** Problem description **
The output is the lines below from the one with "-- When a call" through the one with "(self : Caller) (x", both included, printed exactly and with no other line.
━━━ Entries shown ━━━
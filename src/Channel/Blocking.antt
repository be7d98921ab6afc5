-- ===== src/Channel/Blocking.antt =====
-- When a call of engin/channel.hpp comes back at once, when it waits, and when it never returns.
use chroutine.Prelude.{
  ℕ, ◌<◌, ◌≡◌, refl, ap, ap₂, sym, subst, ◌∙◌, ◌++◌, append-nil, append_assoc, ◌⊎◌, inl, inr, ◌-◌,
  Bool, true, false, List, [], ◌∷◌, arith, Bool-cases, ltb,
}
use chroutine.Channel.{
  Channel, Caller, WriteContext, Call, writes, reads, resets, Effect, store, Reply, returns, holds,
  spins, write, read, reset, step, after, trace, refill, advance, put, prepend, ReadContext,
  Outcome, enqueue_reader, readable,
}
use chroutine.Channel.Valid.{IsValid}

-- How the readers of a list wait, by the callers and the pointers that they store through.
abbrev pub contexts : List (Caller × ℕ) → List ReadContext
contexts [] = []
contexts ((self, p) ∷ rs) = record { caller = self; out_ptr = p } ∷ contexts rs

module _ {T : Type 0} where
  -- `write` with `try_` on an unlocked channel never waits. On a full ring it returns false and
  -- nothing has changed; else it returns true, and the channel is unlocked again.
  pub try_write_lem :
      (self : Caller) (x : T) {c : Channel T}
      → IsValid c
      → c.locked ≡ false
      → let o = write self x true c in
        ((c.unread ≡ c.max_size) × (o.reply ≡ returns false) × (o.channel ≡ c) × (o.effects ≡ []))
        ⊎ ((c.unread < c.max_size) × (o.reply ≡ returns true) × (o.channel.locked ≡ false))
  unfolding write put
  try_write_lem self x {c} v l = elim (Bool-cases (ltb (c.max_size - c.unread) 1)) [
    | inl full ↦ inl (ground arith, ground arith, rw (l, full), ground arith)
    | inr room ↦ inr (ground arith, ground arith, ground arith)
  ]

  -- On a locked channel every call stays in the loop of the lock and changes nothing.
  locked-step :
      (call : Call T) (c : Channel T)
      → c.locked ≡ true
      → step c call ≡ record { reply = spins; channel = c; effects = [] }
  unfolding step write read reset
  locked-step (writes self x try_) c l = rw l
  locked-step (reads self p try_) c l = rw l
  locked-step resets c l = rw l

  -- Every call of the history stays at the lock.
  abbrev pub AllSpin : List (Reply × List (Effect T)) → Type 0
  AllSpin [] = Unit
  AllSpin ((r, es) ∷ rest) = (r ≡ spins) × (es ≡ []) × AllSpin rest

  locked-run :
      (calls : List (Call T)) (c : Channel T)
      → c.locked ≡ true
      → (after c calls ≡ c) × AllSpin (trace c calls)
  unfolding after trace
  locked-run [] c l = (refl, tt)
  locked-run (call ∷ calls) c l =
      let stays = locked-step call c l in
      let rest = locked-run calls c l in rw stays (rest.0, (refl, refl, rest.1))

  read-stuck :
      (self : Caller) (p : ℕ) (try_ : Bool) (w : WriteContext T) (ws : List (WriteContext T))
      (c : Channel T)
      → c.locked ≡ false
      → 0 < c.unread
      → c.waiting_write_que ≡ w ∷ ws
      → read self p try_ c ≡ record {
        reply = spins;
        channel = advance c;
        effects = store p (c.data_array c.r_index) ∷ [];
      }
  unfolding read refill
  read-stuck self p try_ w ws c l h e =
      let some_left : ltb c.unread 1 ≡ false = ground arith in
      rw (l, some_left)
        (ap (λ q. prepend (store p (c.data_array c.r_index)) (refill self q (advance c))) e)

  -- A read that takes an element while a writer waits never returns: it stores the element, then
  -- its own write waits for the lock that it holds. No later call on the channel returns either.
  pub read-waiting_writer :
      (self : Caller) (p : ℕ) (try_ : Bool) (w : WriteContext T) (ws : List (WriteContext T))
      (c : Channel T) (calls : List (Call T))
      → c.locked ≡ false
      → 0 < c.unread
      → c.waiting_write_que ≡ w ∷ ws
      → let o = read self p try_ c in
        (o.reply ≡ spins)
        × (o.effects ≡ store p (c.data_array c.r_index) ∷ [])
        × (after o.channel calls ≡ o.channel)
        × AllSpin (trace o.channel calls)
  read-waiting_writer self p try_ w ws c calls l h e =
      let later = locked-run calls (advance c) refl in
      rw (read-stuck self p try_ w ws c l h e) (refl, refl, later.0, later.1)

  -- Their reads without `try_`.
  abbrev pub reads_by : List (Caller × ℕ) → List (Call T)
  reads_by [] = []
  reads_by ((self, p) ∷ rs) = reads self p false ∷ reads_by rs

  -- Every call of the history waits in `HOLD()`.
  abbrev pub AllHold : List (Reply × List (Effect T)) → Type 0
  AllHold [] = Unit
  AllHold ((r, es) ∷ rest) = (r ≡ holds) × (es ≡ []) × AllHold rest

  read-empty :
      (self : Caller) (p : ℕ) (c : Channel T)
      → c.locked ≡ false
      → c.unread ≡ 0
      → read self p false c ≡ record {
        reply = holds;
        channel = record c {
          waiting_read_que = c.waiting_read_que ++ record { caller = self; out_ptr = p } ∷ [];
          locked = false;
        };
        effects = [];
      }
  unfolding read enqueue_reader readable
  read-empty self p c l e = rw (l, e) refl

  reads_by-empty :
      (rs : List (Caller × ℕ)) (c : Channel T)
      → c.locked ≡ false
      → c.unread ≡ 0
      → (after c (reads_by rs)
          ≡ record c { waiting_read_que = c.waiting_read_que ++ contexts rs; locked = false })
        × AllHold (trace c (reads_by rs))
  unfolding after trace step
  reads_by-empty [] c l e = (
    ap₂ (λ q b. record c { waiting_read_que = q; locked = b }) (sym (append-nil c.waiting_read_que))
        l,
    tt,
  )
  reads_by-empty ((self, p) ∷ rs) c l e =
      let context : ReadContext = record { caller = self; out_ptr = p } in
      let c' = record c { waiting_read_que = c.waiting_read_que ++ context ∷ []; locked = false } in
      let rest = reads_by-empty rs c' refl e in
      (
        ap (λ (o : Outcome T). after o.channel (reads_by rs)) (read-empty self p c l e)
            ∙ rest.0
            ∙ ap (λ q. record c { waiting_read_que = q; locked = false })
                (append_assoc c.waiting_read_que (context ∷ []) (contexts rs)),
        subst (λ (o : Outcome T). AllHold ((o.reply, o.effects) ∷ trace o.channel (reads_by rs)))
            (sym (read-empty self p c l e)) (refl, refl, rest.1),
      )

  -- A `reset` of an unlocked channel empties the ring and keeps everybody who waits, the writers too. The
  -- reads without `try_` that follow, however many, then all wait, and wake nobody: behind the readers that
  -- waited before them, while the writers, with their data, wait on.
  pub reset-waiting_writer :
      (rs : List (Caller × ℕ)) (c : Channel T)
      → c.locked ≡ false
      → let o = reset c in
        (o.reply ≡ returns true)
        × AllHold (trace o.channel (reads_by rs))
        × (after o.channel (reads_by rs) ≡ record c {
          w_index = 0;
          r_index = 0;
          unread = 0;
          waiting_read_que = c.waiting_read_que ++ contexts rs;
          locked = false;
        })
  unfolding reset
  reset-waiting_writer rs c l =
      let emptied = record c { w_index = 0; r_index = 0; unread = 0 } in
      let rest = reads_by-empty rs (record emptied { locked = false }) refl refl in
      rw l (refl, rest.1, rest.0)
━━━
** Exercise answer **
-- When a call of engin/channel.hpp comes back at once, when it waits, and when it never returns.
use chroutine.Prelude.{
  ℕ, ◌<◌, ◌≡◌, refl, ap, ap₂, sym, subst, ◌∙◌, ◌++◌, append-nil, append_assoc, ◌⊎◌, inl, inr, ◌-◌,
  Bool, true, false, List, [], ◌∷◌, arith, Bool-cases, ltb,
}
use chroutine.Channel.{
  Channel, Caller, WriteContext, Call, writes, reads, resets, Effect, store, Reply, returns, holds,
  spins, write, read, reset, step, after, trace, refill, advance, put, prepend, ReadContext,
  Outcome, enqueue_reader, readable,
}
use chroutine.Channel.Valid.{IsValid}

-- How the readers of a list wait, by the callers and the pointers that they store through.
abbrev pub contexts : List (Caller × ℕ) → List ReadContext
contexts [] = []
contexts ((self, p) ∷ rs) = record { caller = self; out_ptr = p } ∷ contexts rs

module _ {T : Type 0} where
  -- `write` with `try_` on an unlocked channel never waits. On a full ring it returns false and
  -- nothing has changed; else it returns true, and the channel is unlocked again.
  pub try_write_lem :
      (self : Caller) (x : T) {c : Channel T}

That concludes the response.